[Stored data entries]
------------------------------------

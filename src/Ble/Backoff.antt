-- ===== src/Ble/Backoff.antt =====
-- `run_forever`: how long it sleeps between sessions.
use native.Mathlib.Nat.{pow-suc}
use flipper_agent_indicator.Prelude.{
  ℕ, zero, suc, ◌*◌, ◌^◌, min, ◌≡◌, refl, ap, ◌∙◌, false, List, [], ◌∷◌, arith, length,
}
use flipper_agent_indicator.Ble.{Client, World, Loop, loop_start, run_forever}
use flipper_agent_indicator.Ble.Retry.{IsLoop, after_pause, runs, gives_up, sleeps, first_ending}

-- The exponential backoff in closed form: from the k-th session on, `n` sleeps.
abbrev pub doublings : ℕ → ℕ → List ℕ
doublings k zero = []
doublings k (suc n) = min (2 ^ k) 30 ∷ doublings (suc k) n

double_step : (k : ℕ) → min (min (2 ^ k) 30 * 2) 30 ≡ min (2 ^ suc k) 30
double_step k = omega (arith, pow-suc 2 k)

run-doublings :
    (ws : List World) (l : Loop) (c : Client) (k : ℕ)
    → IsLoop l c
    → l.backoff ≡ min (2 ^ k) 30
    → (run_forever l c ws).0 ≡ doublings k (length (run_forever l c ws).0)
unfolding run_forever
run-doublings [] l c k ok b = refl
run-doublings (w ∷ ws) l c k ok b = elim (first_ending l c w ws ok) [
  | runs e ↦ rw e
  | gives_up e h many ↦ rw e
  | sleeps c' ok' e ↦ rw e (
      ap (λ n. n ∷ (run_forever (after_pause l w) c' ws).0) b
      ∙ ap (λ s. min (2 ^ k) 30 ∷ s)
          (run-doublings ws (after_pause l w) c' (suc k) ok'
            (ap (λ n. min (n * 2) 30) b ∙ double_step k)))
]

start-IsLoop : (c : Client) → c.had_success ≡ false → IsLoop loop_start c
start-IsLoop c h = record { agree = h; few = omega arith; none_before = λ _. refl }

-- However the sessions of a new client go, connected or not, the k-th sleep (from 0) takes
-- min (2 ^ k) 30 seconds: nothing that happens in a session sets the backoff back.
pub sleeps-doublings :
    (c : Client) (ws : List World)
    → c.had_success ≡ false
    → (run_forever loop_start c ws).0 ≡ doublings 0 (length (run_forever loop_start c ws).0)
sleeps-doublings c ws h = run-doublings ws loop_start c 0 (start-IsLoop c h) refl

------------------------------------

### ABOUT THIS EXERCISE
What the task asks for is a word-for-word repeat of the lines above, from the first through the one containing "many ↦ rw e".

### YOUR RESPONSE
filename src/Ble/Backoff.antt
-- ===== src/Ble/Backoff.antt =====
-- `run_forever`: how long it sleeps between sessions.
use native.Mathlib.Nat.{pow-suc}
use flipper_agent_indicator.Prelude.{
  ℕ, zero, suc, ◌*◌, ◌^◌, min, ◌≡◌, refl, ap, ◌∙◌, false, List, [], ◌∷◌, arith, length,
}
use flipper_agent_indicator.Ble.{Client, World, Loop, loop_start, run_forever}
use flipper_agent_indicator.Ble.Retry.{IsLoop, after_pause, runs, gives_up, sleeps, first_ending}

-- The exponential backoff in closed form: from the k-th session on, `n` sleeps.
abbrev pub doublings : ℕ → ℕ → List ℕ
doublings k zero = []
doublings k (suc n) = min (2 ^ k) 30 ∷ doublings (suc k) n

double_step : (k : ℕ) → min (min (2 ^ k) 30 * 2) 30 ≡ min (2 ^ suc k) 30
double_step k = omega (arith, pow-suc 2 k)

run-doublings :
    (ws : List World) (l : Loop) (c : Client) (k : ℕ)
    → IsLoop l c
    → l.backoff ≡ min (2 ^ k) 30
    → (run_forever l c ws).0 ≡ doublings k (length (run_forever l c ws).0)
unfolding run_forever
run-doublings [] l c k ok b = refl
run-doublings (w ∷ ws) l c k ok b = elim (first_ending l c w ws ok) [
  | runs e ↦ rw e
  | gives_up e h many ↦ rw e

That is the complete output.